As mentioned above, I wanted to create a very basic predictive model to test if leveraging the structure of the graph is better than just guessing.

I don’t know if it’s my machine, a sub-optimal CYPHER query, or simply the expected run-time, but generating the predictions for 150 schools took nearly two hours. I have had much better performance on larger data, so something doesn’t feel right here.

Let’s take a quick at the predictions to ensure the output matches our expectations.

from	freq	pred_school
218487	23	218964
138789	11	140322
220127	11	219602
420398	24	229027
244233	9	132471
196006	20	196176

Note that column freq is how many schools were included in the prediction. If we wanted to extend this, a school can have up to 25 SIMILAR schools. With this in hand, you could estimate a confidence of the prediction by freq / 25, or more accuractley, freq / # Schools Similar to. This would yield a percentage, with numbers closer to 1 indicating that nearly all other schools have this recommendation as a competitor.

We finally have what we need!

Results

Let’s see how the recommendation did.

First, in order to measure how well our simple model performs, we need to understand the compared to what question. To create this baseline, we go back to our original dataset, identify the most popular schools, and then select the most popular insitution not already listed by the school of interest. This is just a Top-N prediction.

pop_accurate
FALSE 
  150

From above, we can see that the Top-N prediction did not predict any connections correctly, as evidenced by the 150 underneath the FALSE. In reality, if my test set was larger than 150 edges, undoubtedly we would have got a handful of correct guesses.

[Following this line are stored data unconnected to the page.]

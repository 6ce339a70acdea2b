-- ===== src/Vm.antt =====
-- The regions of a process in src/mm-vm.c: `__alloc`, `__free`, `__read`, `__write`, what they call, and
-- the functions that the instructions call, with `vm_map_ram` of src/mm.c. What is done in `int` is exact: no
-- sum is taken to overflow, but for `PAGING_PAGE_ALIGNSZ`, whose overflow is a fault. `junk` is the byte in a local variable that is not set.
pub mod Bounds
pub mod Release
pub mod Grow
pub mod Reuse
pub mod Extend
pub mod Collect
pub mod Unallocated
pub mod Owned
pub mod Apart
pub mod Safety
pub mod Calls
pub mod Within
pub mod Tests
use btlos.Prelude.{
  ℕ, zero, suc, ◌+◌, ◌*◌, ◌-◌, ◌^◌, ◌%◌, Bool, Option, none, some, Outcome, done, fault, ◌>>=◌,
  deref, Code, success, failure, get_elem?, ltb, ◌==◌, if◌then◌else◌, ◌||◌,
}
use btlos.Prelude.Int.{ℤ, pos, negsuc, pos_part, sub_ℕ, ◌+ℤ◌, ◌-ℤ◌, quot, leb_ℤ, u64, to_int}
use btlos.Memphy.{put_freefp}
use btlos.Pte.{paging_fpn, paging_swp, page_present, paging_pagesz, paging_max_pgn}
use btlos.Mm.{
  Region, Mm, Caller, Symbol, minus_one, add64, get_vma_by_num, bad_rgid, get_symrg_byid,
  set_symbol, set_area, enlist_vm_freerg_list,
}
use btlos.Region.{region, get_free_vmrg_area}
use btlos.Paging.{pg_getval, pg_setval, vmap_page_range}

-- `n * k` for an `int` n.
abbrev pub scale : ℤ → ℕ → ℤ
scale (pos n) k = pos (n * k)
scale (negsuc n) k = sub_ℕ 0 (suc n * k)

-- `PAGING_PAGE_ALIGNSZ` of an `int`; the sum `sz + PAGING_PAGESZ` must not overflow.
pub page_alignsz : ℤ → Outcome ℤ
page_alignsz sz =
    if leb_ℤ (pos (2 ^ 31)) (sz +ℤ pos paging_pagesz)
    then fault
    else done (scale (quot (sz +ℤ pos paging_pagesz -ℤ pos 1) paging_pagesz) paging_pagesz)

abbrev pub sub64 : ℕ → ℕ → ℕ
sub64 a b = (a + (2 ^ 64 - b)) % 2 ^ 64

-- A loop up to a negative number takes no round. The range of the region is not used.
pub vm_map_ram : ℕ → Caller → (astart aend mapstart incpgnum : ℤ) → Outcome (Code × Caller)
vm_map_ram junk c astart aend mapstart incpgnum =
    vmap_page_range junk c mapstart (pos_part incpgnum)

get_vm_area_node_at_brk : Caller → ℤ → ℤ → Outcome Region
get_vm_area_node_at_brk c vmaid size = do
  i ← deref (get_vma_by_num c.mm vmaid)
  a ← deref (get_elem? c.mm.mmap i)
  done (region a.sbrk (add64 a.sbrk (u64 size)))

validate_overlap_vm_area : Caller → (vmaid vmastart vmaend : ℤ) → Code
validate_overlap_vm_area c vmaid vmastart vmaend = success

-- The limit stays where it is moved, also on failure.
pub inc_vma_limit : ℕ → Caller → ℤ → ℤ → Outcome (Code × Caller)
unfolding get_vm_area_node_at_brk validate_overlap_vm_area
inc_vma_limit junk c vmaid inc_sz = do
  inc_amt ← page_alignsz inc_sz
  let incnumpage = quot inc_amt paging_pagesz
  area ← get_vm_area_node_at_brk c vmaid inc_sz
  i ← deref (get_vma_by_num c.mm vmaid)
  a ← deref (get_elem? c.mm.mmap i)
  let start = to_int area.rg_start
  let stop = to_int area.rg_end
  let c1 = record c { mm = set_area (c.mm) i (record a { vm_end = add64 a.vm_end (u64 inc_sz) }) }
  elim (validate_overlap_vm_area c vmaid start stop) [
    | failure ↦ done (failure, c)
    | success ↦ vm_map_ram junk c1 start stop (to_int a.vm_end) incnumpage
  ]

-- `sbrk` moves up by the size, and the symbol gets the space from where it was.
claim : Mm → ℕ → ℤ → ℤ → ℤ → Outcome Mm
claim mm i rgid old_sbrk size = do
  a ← deref (get_elem? mm.mmap i)
  set_symbol (set_area mm i (record a { sbrk = add64 a.sbrk (u64 size) })) rgid (u64 old_sbrk)
      (u64 (old_sbrk +ℤ size))

-- The end of `__alloc`, where the limit has to be moved by whole pages.
extend : ℕ → Caller → ℤ → ℤ → ℤ → ℕ → ℤ → ℤ → Outcome (Code × Option ℤ × Caller)
extend junk c vmaid rgid size i old_sbrk gap = do
  inc_sz ← page_alignsz (size -ℤ gap)
  (grown, c1) ← inc_vma_limit junk c vmaid inc_sz
  elim grown [
    | failure ↦ done (failure, none, c1)
    | success ↦ do
      mm ← claim c1.mm i rgid old_sbrk size
      done (success, some old_sbrk, record c1 { mm = mm })
  ]

-- `__alloc` from the point where no free region fits. The second part is the value of `*alloc_addr`,
-- which the case of a large enough gap does not set.
grow : ℕ → Caller → ℤ → ℤ → ℤ → Outcome (Code × Option ℤ × Caller)
grow junk c vmaid rgid size = do
  i ← deref (get_vma_by_num c.mm vmaid)
  a ← deref (get_elem? c.mm.mmap i)
  let gap = to_int (sub64 a.vm_end a.sbrk)
  if leb_ℤ size gap
      then (do
        mm ← claim c.mm i rgid (to_int a.sbrk) size
        done (success, none, record c { mm = mm }))
      else extend junk c vmaid rgid size i (to_int a.sbrk) gap

-- `fuel` is for the loop of `get_free_vmrg_area`.
pub alloc : ℕ → ℕ → Caller → ℤ → ℤ → ℤ → Outcome (Code × Option ℤ × Caller)
alloc fuel junk c vmaid rgid size = do
  (found, rg, mm) ← get_free_vmrg_area fuel c.mm vmaid size
  elim found [
    | success ↦ do
      mm' ← set_symbol mm rgid rg.rg_start rg.rg_end
      done (success, some (to_int rg.rg_start), record c { mm = mm' })
    | failure ↦ grow junk (record c { mm = mm }) vmaid rgid size
  ]

-- The test that `__free`, `__read` and `__write` share; `none` is their first error.
pub find_region : Mm → ℤ → ℤ → Outcome (Option Symbol)
find_region mm vmaid rgid = do
  currg ← get_symrg_byid mm rgid
  done (elim currg [
    | none ↦ none
    | some s ↦ elim (get_vma_by_num mm vmaid) [
      | none ↦ none
      | some i ↦ if s.rg_start == s.rg_end then none else some s
    ]
  ])

pub free : Caller → ℤ → ℤ → Outcome (Code × Caller)
free c vmaid rgid = if bad_rgid rgid then done (failure, c) else do
  currg ← find_region c.mm vmaid rgid
  elim currg [
    | none ↦ done (failure, c)
    | some s ↦ do
      mm ← set_symbol c.mm rgid minus_one minus_one
      (code, mm') ← enlist_vm_freerg_list mm (region s.rg_start s.rg_end) s.rg_next
      done (code, record c { mm = mm' })
  ]

-- The second test of `__read` and `__write`.
pub out_of_region : Symbol → ℤ → Bool
out_of_region s offset =
    let addr = add64 s.rg_start (u64 offset) in ltb addr s.rg_start || ltb s.rg_end addr

pub read : ℕ → Caller → ℤ → ℤ → ℤ → Outcome (Option ℕ × Caller)
read junk c vmaid rgid offset = do
  currg ← find_region c.mm vmaid rgid
  elim currg [
    | none ↦ done (none, c)
    | some s ↦
        if out_of_region s offset
        then done (none, c)
        else pg_getval junk c (to_int (add64 s.rg_start (u64 offset)))
  ]

pub write : ℕ → Caller → ℤ → ℤ → ℤ → ℕ → Outcome (Code × Caller)
write junk c vmaid rgid offset value = do
  currg ← find_region c.mm vmaid rgid
  elim currg [
    | none ↦ done (failure, c)
    | some s ↦
        if out_of_region s offset
        then done (failure, c)
        else pg_setval junk c (to_int (add64 s.rg_start (u64 offset))) value
  ]

-- What the instructions call. The arguments are of type `uint32_t`.
pub pgalloc : ℕ → ℕ → Caller → ℕ → ℕ → Outcome (Code × Caller)
pgalloc fuel junk c size reg_index = do
  (code, alloc_addr, c1) ← alloc fuel junk c (pos 0) (to_int reg_index) (to_int size)
  done (code, c1)

pub pgfree_data : Caller → ℕ → Outcome (Code × Caller)
pgfree_data c reg_index = free c (pos 0) (to_int reg_index)

pub pgwrite : ℕ → Caller → ℕ → ℕ → ℕ → Outcome (Code × Caller)
pgwrite junk c value destination offset =
    write junk c (pos 0) (to_int destination) (to_int offset) value

-- The value that is read is written to the region `destination`, also when there is none; whether that
-- succeeds is not reported.
pub pgread : ℕ → Caller → ℕ → ℕ → ℕ → Outcome (Code × Caller)
pgread junk c source offset destination = do
  (got, c1) ← read junk c (pos 0) (to_int source) (to_int offset)
  let (val, value) : Code × ℕ = elim got [ none ↦ (failure, junk) | some v ↦ (success, v) ]
  (stored, c2) ← pgwrite junk c1 value destination 0
  done (val, c2)

-- The loop of `free_pcb_memph`, with `left` pages to go.
free_pages : ℕ → ℕ → Caller → Outcome Caller
free_pages zero pagenum c = done c
free_pages (suc left) pagenum c = do
  pte ← deref (get_elem? c.mm.pgd pagenum)
  free_pages left (pagenum + 1) (
      if page_present pte
      then record c { active_mswp = put_freefp c.active_mswp (paging_swp pte) }
      else record c { mram = put_freefp c.mram (paging_fpn pte) })

pub free_pcb_memph : Caller → Outcome (Code × Caller)
unfolding free_pages
free_pcb_memph c = do c1 ← free_pages paging_max_pgn 0 c; done (success, c1)
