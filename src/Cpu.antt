-- ===== src/Cpu.antt =====
-- `run` of src/cpu.c with `calc`, built with `MM_PAGING`, over the instructions of include/common.h.
pub mod Step
pub mod Safety
pub mod Fit
mod Tests
use btlos.Prelude.{
  ℕ, ◌+◌, ◌%◌, ◌^◌, List, Outcome, done, ◌>>=◌, deref, Code, success, failure, get_elem?, length,
  ltb, if◌then◌else◌,
}
use btlos.Mm.{Caller}
use btlos.Vm.{pgalloc, pgfree_data, pgread, pgwrite}

-- `enum ins_opcode_t`; `other` is any other number.
pub data Opcode : Type 0 where
  calc_op alloc_op free_op read_op write_op other : Opcode

-- `struct inst_t`, with arguments below 2 ^ 32.
pub record Inst : Type 0 where
  pub opcode : Opcode
  pub arg_0 : ℕ
  pub arg_1 : ℕ
  pub arg_2 : ℕ

-- What `run` needs of `struct pcb_t`. `code->size` is the length of `code`.
pub record Pcb : Type 0 where
  pub code : List Inst
  pub pc : ℕ
  pub caller : Caller

-- How `run` ends: with 0, with 1, or with the end of the whole program.
pub data Stat : Type 0 where
  executed no_more exited : Stat

pub calc : Caller → Outcome (Code × Caller)
calc c = done (success, c)

pub stat_of : Code → Stat
stat_of success = executed
stat_of failure = exited

-- What an instruction does to the process, and the value of `stat` in case of its opcode. The value
-- of `write` is a `BYTE`.
pub operate : ℕ → ℕ → Caller → Opcode → ℕ → ℕ → ℕ → Outcome (Code × Caller)
operate fuel junk c calc_op arg_0 arg_1 arg_2 = calc c
operate fuel junk c alloc_op arg_0 arg_1 arg_2 = pgalloc fuel junk c arg_0 arg_1
operate fuel junk c free_op arg_0 arg_1 arg_2 = pgfree_data c arg_0
operate fuel junk c read_op arg_0 arg_1 arg_2 = pgread junk c arg_0 arg_1 arg_2
operate fuel junk c write_op arg_0 arg_1 arg_2 = pgwrite junk c (arg_0 % 2 ^ 8) arg_1 arg_2
operate fuel junk c other arg_0 arg_1 arg_2 = done (success, c)

-- The `switch` of `run` and the test behind it.
pub execute : ℕ → ℕ → Caller → Inst → Outcome (Stat × Caller)
execute fuel junk c ins = do
  (code, c1) ← operate fuel junk c ins.opcode ins.arg_0 ins.arg_1 ins.arg_2
  done (elim ins.opcode [ other ↦ no_more | _ ↦ stat_of code ], c1)

-- `run`
pub run : ℕ → ℕ → Pcb → Outcome (Stat × Pcb)
run fuel junk p =
    if ltb p.pc (length p.code)
    then (do
      ins ← deref (get_elem? p.code p.pc)
      (stat, c) ← execute fuel junk p.caller ins
      done (stat, record p { pc = (p.pc + 1) % 2 ^ 32; caller = c }))
    else done (no_more, p)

Now, let’s look at the model.

pred_accurate
FALSE  TRUE 
  105    45

From above, we see that the model accurately predicted 45 of the 150 connections. That is 30 % correct, not bad.

Summary

Overall, there is some evidence to suggest that the network structure of the competition higher ed can be leveraged to predict which schools compete with each other. The holdout sample of 150 cases wasn’t that large, but predicting 30% of the cases with a very simple model isn’t a bad start.

Neo4j is a pretty powerful database, but I still have a lot to learn. Generating predictions (recommendations) for 150 cases shouldn’t take nearly two hours. This would never fly in a production environment, but as mentioend above, I suspect that there are some things that I can do on my end to greatly enhance performance. In another study (not published), I was able to generate predictions for 1000 entities in less than ten minutes. Neo4j admits that it’s not an analytical engine, which is why there are some great tools being devolped on top, like Mazerunner which aims to bring graph ETL capabilities to the database.

Stepping back, I am excited to extend the use of Neo4j into other projects within Enrollment Management, as I strongly believe that analyzing our data in graph format can yield strategic insights above and beyond what we can already do with more traditional methods like regression, clustering, and machine learning.